И ее вдруг охватывает гнев, разом стряхивающий оцепенение. Это невольная злоба беглеца на решетку, внезапно заградившую дорогу. Долой ее! Сокрушить, уничтожить.

Она гневно комкает бумажку, швыряет ее на пол и топчет ногами.

«„Будь только счастлива!“ Ах, он нарочно крикнул ей эти кроткие, всепрощающие слова! Зачем? Чтоб удержать ее? Чтоб убить ее порыв?»

Он все чувствует. Он издалека читает в ее душе.

Но разве можно удержать камень, летящий в пропасть? Что помешает ему достигнуть дна?

«Так нет же! Нет! Не хочу изменить себе. Я выше раскаяния. Выше жалости. Я свободна!»

Она почти кричит эти слова.

Стиснув губы, сдвинув брови, она подходит к туалетному столу, берет кошелек, накидывает манто. Идет к двери.

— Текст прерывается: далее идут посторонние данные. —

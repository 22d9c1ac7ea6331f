-- ===== src/RateLimits.antt =====
-- src/constrail/rate_limits.py: quota events, the burst check, pruning and the summaries.
-- `now` is the clock's reading; datetimes count microseconds. The threshold tables are read as
-- parsed (Config). Of a listed event all fields but the row's number are modelled, and the sorted
-- sets of names in the summary are left out.
pub mod Laws
pub mod Tallies
use constrails.Prelude.{
  ℕ, ◌+◌, ◌-◌, ◌*◌, String, Bool, true, false, ◌&&◌, Option, none, some, List, [], ◌∷◌, ◌++◌, ◌==◌,
  if◌then◌else◌, ltb, leb, not, opt_eq, truthy, or_default, count, keep, lookup, insert, length,
  take, sort_by,
}
use constrails.Models.{Time}
use constrails.Config.{Settings}

pub record QuotaEvent : Type 0 where
  pub agent_id : String
  pub tenant_id : Option String
  pub tool : String
  pub event_type : String
  pub created_at : Time

pub record QuotaResult : Type 0 where
  pub agent_id : String
  pub tenant_id : Option String
  pub tool : String
  pub event_type : String
  pub window_seconds : ℕ
  pub agent_count : ℕ
  pub tool_count : ℕ
  pub blocked : Bool
  pub effective_threshold : ℕ
  pub threshold_scope : String
  pub tool_threshold : Option ℕ
  pub tenant_threshold : Option ℕ

-- A table that does not parse is empty.
unfoldable pub thresholds : Option (List (String × ℕ)) → List (String × ℕ)
thresholds none = []
thresholds (some m) = m

abbrev pub seconds : ℕ → Time
seconds n = n * 1000000

abbrev pub since : Time → QuotaEvent → Bool
since start e = leb start e.created_at

abbrev pub of_agent : String → Time → QuotaEvent → Bool
of_agent agent_id start e = e.agent_id == agent_id && since start e

abbrev pub of_tool : String → String → Time → QuotaEvent → Bool
of_tool agent_id tool start e = e.agent_id == agent_id && (e.tool == tool && since start e)

abbrev pub tenant_threshold_of : Settings → Option String → Option ℕ
tenant_threshold_of settings none = none
tenant_threshold_of settings (some t) =
    if t == "" then none else lookup t (thresholds settings.rate_limit_tenant_thresholds)

abbrev pub tool_threshold_of : Settings → String → Option ℕ
tool_threshold_of settings tool = lookup tool (thresholds settings.rate_limit_tool_thresholds)

-- The threshold, its scope and the verdict, from the two counts.
abbrev pub verdict : ℕ → Option ℕ → Option ℕ → ℕ → ℕ → ℕ × String × Bool
verdict default (some tenant) tool scoped_count tool_count =
    (tenant, "tenant", ltb tenant scoped_count)
verdict default none (some tool) scoped_count tool_count = (tool, "tool", ltb tool tool_count)
verdict default none none scoped_count tool_count = (default, "default", ltb default scoped_count)

unfoldable pub record_and_check :
    Settings
    → Time
    → String
    → Option String
    → String
    → String
    → List QuotaEvent
    → QuotaResult × List QuotaEvent
record_and_check settings now agent_id tenant_id tool event_type events =
    let window_start = now - seconds settings.rate_limit_window_seconds in
    let row : QuotaEvent = record {
      agent_id = agent_id;
      tenant_id = tenant_id;
      tool = tool;
      event_type = event_type;
      created_at = now;
    } in
    let stored = events ++ row ∷ [] in
    let scoped_count = count (of_agent agent_id window_start) stored in
    let tool_count = count (of_tool agent_id tool window_start) stored in
    let tool_threshold = tool_threshold_of settings tool in
    let tenant_threshold = tenant_threshold_of settings tenant_id in
    let v =
      verdict settings.anomaly_burst_threshold tenant_threshold tool_threshold scoped_count
        tool_count in
    (
      record {
        agent_id = agent_id;
        tenant_id = tenant_id;
        tool = tool;
        event_type = event_type;
        window_seconds = settings.rate_limit_window_seconds;
        agent_count = scoped_count;
        tool_count = tool_count;
        blocked = v.2;
        effective_threshold = v.0;
        threshold_scope = v.1;
        tool_threshold = tool_threshold;
        tenant_threshold = tenant_threshold;
      },
      stored,
    )

-- An optional filter of a query: `None`, and an empty text, filter nothing.
abbrev filter_text : Option String → String → Bool
filter_text none s = true
filter_text (some f) s = if f == "" then true else s == f

abbrev filter_tenant : Option String → Option String → Bool
filter_tenant f t = if truthy f then opt_eq t f else true

abbrev recent : Time → Option ℕ → QuotaEvent → Bool
recent now none e = true
recent now (some n) e = if ltb 0 n then since (now - seconds n) e else true

abbrev newest_first : QuotaEvent → QuotaEvent → Bool
newest_first a b = leb b.created_at a.created_at

unfoldable pub list_events :
    Time
    → Option String
    → Option String
    → Option String
    → Option ℕ
    → ℕ
    → List QuotaEvent
    → List QuotaEvent
list_events now agent_id tenant_id tool limit_seconds limit events = take limit (
    sort_by newest_first (
      keep
        (λ e.
          filter_text agent_id e.agent_id
          && (filter_tenant tenant_id e.tenant_id
              && (filter_text tool e.tool && recent now limit_seconds e)))
        events))

-- `prune_events`: how many rows were deleted, and those that stay.
unfoldable pub prune_events : Time → ℕ → List QuotaEvent → ℕ × List QuotaEvent
prune_events now older_than_seconds events =
    let cutoff = now - seconds older_than_seconds in
    (count (λ e. not (since cutoff e)) events, keep (since cutoff) events)

-- `counts[key] = counts.get(key, 0) + 1`
abbrev pub get_count : Option ℕ → ℕ
get_count none = 0
get_count (some n) = n

unfoldable pub tally :
    (QuotaEvent → String) → List (String × ℕ) → List QuotaEvent → List (String × ℕ)
tally key counts [] = counts
tally key counts (row ∷ rows) =
    tally key (insert (key row) (get_count (lookup (key row) counts) + 1) counts) rows

pub record QuotaSummary : Type 0 where
  pub total_events : ℕ
  pub per_tool : List (String × ℕ)
  pub per_tenant : List (String × ℕ)

abbrev pub tenant_key : QuotaEvent → String
tenant_key e = or_default e.tenant_id "default"

-- The rows that the summary's query selects.
unfoldable pub selected :
    Time → Option String → Option String → Option ℕ → List QuotaEvent → List QuotaEvent
selected now agent_id tenant_id limit_seconds events =
    keep
      (λ e.
        filter_text agent_id e.agent_id
        && (filter_tenant tenant_id e.tenant_id && recent now limit_seconds e))
      events

unfoldable pub summary :
    Time → Option String → Option String → Option ℕ → List QuotaEvent → QuotaSummary
summary now agent_id tenant_id limit_seconds events =
    let rows = selected now agent_id tenant_id limit_seconds events in
    record {
      total_events = length rows;
      per_tool = tally (λ e. e.tool) [] rows;
      per_tenant = tally tenant_key [] rows;
    }
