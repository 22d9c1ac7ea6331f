-- ===== src/Approval.antt =====
-- src/constrail/approval.py: approval requests, and the webhooks that report them.
-- One reading of the clock, `now`, and the new identifiers are arguments of an operation. What the
-- receiver of the webhooks answers is the parameter `net`, from the POST requests so far.
-- The signature header of a POST is left out.
pub mod Outbox
pub mod Laws
pub mod Decide
pub mod Create
pub mod Attempts
pub mod Queries
pub mod Distinct
pub mod Drain
pub mod Refinement
use constrails.Prelude.{
  ℕ, ◌+◌, ◌*◌, String, Bool, true, false, not, ◌&&◌, ◌||◌, Option, none, some, List, [], ◌∷◌, ◌++◌,
  ◌==◌, ◌≡◌, if◌then◌else◌, or_default, leb, ltb, nat_eq, truthy, find, keep, update_first, sort_by,
}
use constrails.Models.{Uuid, Time, Float, Dict, RiskLevel, PolicyEvaluation}
use constrails.Config.{Settings}

pub data WebhookStatus : Type 0 where
  not_configured pending delivered failed exhausted : WebhookStatus

pub record ApprovalRequest : Type 0 where
  pub approval_id : Uuid
  pub request_id : Uuid
  pub agent_id : String
  pub tool : String
  pub parameters : Dict
  pub risk_score : Float
  pub risk_level : RiskLevel
  pub policy_evaluation : PolicyEvaluation
  pub created_at : Time
  pub expires_at : Option Time
  pub approved : Option Bool
  pub approver_id : Option String
  pub reviewed_at : Option Time
  pub review_comment : Option String
  pub webhook_delivery_status : WebhookStatus
  pub webhook_delivery_attempts : ℕ
  pub webhook_last_attempt_at : Option Time
  pub webhook_last_response_code : Option ℕ
  pub webhook_last_error : Option String

pub data Event : Type 0 where
  created approved denied retry : Event

pub data Status : Type 0 where
  is_approved is_denied is_pending : Status

-- The body of a webhook, with the fields that depend on the event or on the row as options.
pub record Payload : Type 0 where
  pub event : Event
  pub approval_id : Uuid
  pub request_id : Uuid
  pub agent_id : String
  pub tool : String
  pub status : Status
  pub webhook_delivery_attempts : ℕ
  pub risk : Option (Float × RiskLevel)
  pub approver_id : Option String
  pub review_comment : Option String
  pub last_delivery : Option (WebhookStatus × Option String)

pub data DeliveryStatus : Type 0 where
  waiting sent broken : DeliveryStatus

pub record OutboxItem : Type 0 where
  pub outbox_id : Uuid
  pub approval_id : Uuid
  pub event_type : Event
  pub payload : Payload
  pub delivery_status : DeliveryStatus
  pub attempt_count : ℕ
  pub last_attempt_at : Option Time
  pub last_error : Option String
  pub created_at : Time
  pub delivered_at : Option Time

-- How a POST ended: a response, or an exception with its text.
pub data Answer : Type 0 where
  response : Option ℕ → Answer
  raised : String → Answer

-- The two tables, and the POST requests made so far, the last first.
pub record ApprovalDb : Type 0 where
  pub approvals : List ApprovalRequest
  pub outbox : List OutboxItem
  pub posts : List Payload

-- What `urllib` does: `refuses` gives the text of the exception that `Request` raises at an address, if it
-- raises one, as at an address without a scheme; `post` ends a POST, after those made so far.
pub record Net : Type 0 where
  pub refuses : String → Option String
  pub post : List Payload → Payload → Answer

abbrev pub webhook_url : Settings → String
webhook_url settings = or_default settings.approval_webhook_url ""

-- The address of the webhook, if there is one, is one that `Request` takes.
abbrev pub Sendable : Settings → Net → Type 0
Sendable settings net =
    truthy settings.approval_webhook_url ≡ true → net.refuses (webhook_url settings) ≡ none

abbrev pub by_id : Uuid → ApprovalRequest → Bool
by_id approval_id a = nat_eq a.approval_id approval_id

abbrev pub by_request : Uuid → ApprovalRequest → Bool
by_request request_id a = nat_eq a.request_id request_id

unfoldable pub get_request : Uuid → ApprovalDb → Option ApprovalRequest
get_request approval_id db = find (by_id approval_id) db.approvals

unfoldable pub status_for : ApprovalRequest → Status
status_for a = elim a.approved [ none ↦ is_pending | some b ↦ if b then is_approved else is_denied ]

abbrev truthy_only : Option String → Option String
truthy_only t = if truthy t then t else none

abbrev is_created : Event → Bool
is_created created = true
is_created _ = false

unfoldable pub build_event_payload : ApprovalRequest → Event → Payload
unfolding status_for
build_event_payload a event = record {
  event = event;
  approval_id = a.approval_id;
  request_id = a.request_id;
  agent_id = a.agent_id;
  tool = a.tool;
  status = status_for a;
  webhook_delivery_attempts = a.webhook_delivery_attempts;
  risk = if is_created event then some (a.risk_score, a.risk_level) else none;
  approver_id = truthy_only a.approver_id;
  review_comment = truthy_only a.review_comment;
  last_delivery = none;
}

unfoldable pub build_retry_payload : ApprovalRequest → Payload
unfolding build_event_payload
build_retry_payload a = record (build_event_payload a retry) {
  last_delivery = some (a.webhook_delivery_status, a.webhook_last_error);
}

unfoldable pub enqueue_webhook : Time → Uuid → Uuid → Event → Payload → ApprovalDb → ApprovalDb
enqueue_webhook now outbox_id approval_id event payload db =
    let item : OutboxItem = record {
      outbox_id = outbox_id;
      approval_id = approval_id;
      event_type = event;
      payload = payload;
      delivery_status = waiting;
      attempt_count = 0;
      last_attempt_at = none;
      last_error = none;
      created_at = now;
      delivered_at = none;
    } in
    record db { outbox = db.outbox ++ item ∷ [] }

abbrev pub delivery_of :
    Time → WebhookStatus → Option ℕ → Option String → ApprovalRequest → ApprovalRequest
delivery_of now status code error a = record a {
  webhook_delivery_status = status;
  webhook_delivery_attempts = a.webhook_delivery_attempts + 1;
  webhook_last_attempt_at = some now;
  webhook_last_response_code = code;
  webhook_last_error = error;
}

unfoldable pub record_webhook_delivery :
    Time → Uuid → WebhookStatus → Option ℕ → Option String → ApprovalDb → ApprovalDb
record_webhook_delivery now approval_id status code error db = record db {
  approvals = update_first (by_id approval_id) (delivery_of now status code error) db.approvals;
}

abbrev pub or_text : Option String → String → Option String
or_text t d = if truthy t then t else some d

abbrev pub exhaust : ApprovalRequest → ApprovalRequest
exhaust a = record a {
  webhook_delivery_status = exhausted;
  webhook_last_error = or_text a.webhook_last_error "max webhook attempts reached";
}

-- What `_emit_webhook` records of the answer, with the number of attempts before it.
unfoldable pub record_answer : Settings → Time → Uuid → ℕ → Bool → Answer → ApprovalDb → ApprovalDb
unfolding record_webhook_delivery
record_answer settings now approval_id attempts allow_exhausted (response code) db =
    record_webhook_delivery now approval_id delivered code none db
record_answer settings now approval_id attempts allow_exhausted (raised error) db =
    let status : WebhookStatus =
      if allow_exhausted
      then failed
      else if ltb (attempts + 1) settings.approval_webhook_max_attempts
      then failed
      else exhausted in
    record_webhook_delivery now approval_id status none (some error) db

-- `false` is the exception of `Request`, which is built outside the `try`.
unfoldable pub emit_webhook :
    Settings → Net → Time → Uuid → Payload → Bool → ApprovalDb → Bool × ApprovalDb
unfolding record_answer get_request
emit_webhook settings net now approval_id payload allow_exhausted db =
    if not (truthy settings.approval_webhook_url)
    then (true, db)
    else elim (get_request approval_id db) [
      | none ↦ (true, db)
      | some a ↦
          let attempts = a.webhook_delivery_attempts in
          if leb settings.approval_webhook_max_attempts attempts && not allow_exhausted
          then (
            true,
            record db { approvals = update_first (by_id approval_id) exhaust db.approvals },
          )
          else elim (net.refuses (webhook_url settings)) [
            | some error ↦ (false, db)
            | none ↦ (
              true,
              record_answer settings now approval_id attempts allow_exhausted
                  (net.post db.posts payload) (record db { posts = payload ∷ db.posts }),
            )
          ]
    ]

В коридоре часы бьют полночь. Она бессильно опускается на стул, у двери.

«Это безумие», — слабо шепчет кто-то. «Нет! — упорно отвечает другой. — Почему безумие? Наши переговоры еще не кончены. Победа? Поражение? Все равно! Но неизвестности я дольше не вынесу…»

Еще несколько минут сидит она, напряженная, выпрямившаяся, словно ожидающая чего-то извне. Какого-то толчка. Глаза ее, широко открытые и немигающие, глядят внутрь себя, в темный колодец, откуда звучит зовущий голос.

В третий раз, как лунатик, она, проходит по комнате, гасит электричество и выводит.

В коридоре тихо, во внизу еще жизнь. Ресторан полон. Бледная, она спускается по лестнице, не замечая любопытных и плотоядных взглядов.

Вот она у подъезда. Холодный ветер с моря распахивает ее манто. Она делает знак лихачу и садится, безмолвная.

Никогда потом она не могла припомнить этой поездки.

Что думала она? И думала ли что-нибудь вообще? Навряд ли. То же ощущение пустоты и легкости, давно забытое ощущение было у нее тогда. Мозг молчал. И сердце билось ровно. Кто-то велел пойти. Кто-то сильный и темный, с кем спорить бесполезно. И она пошла.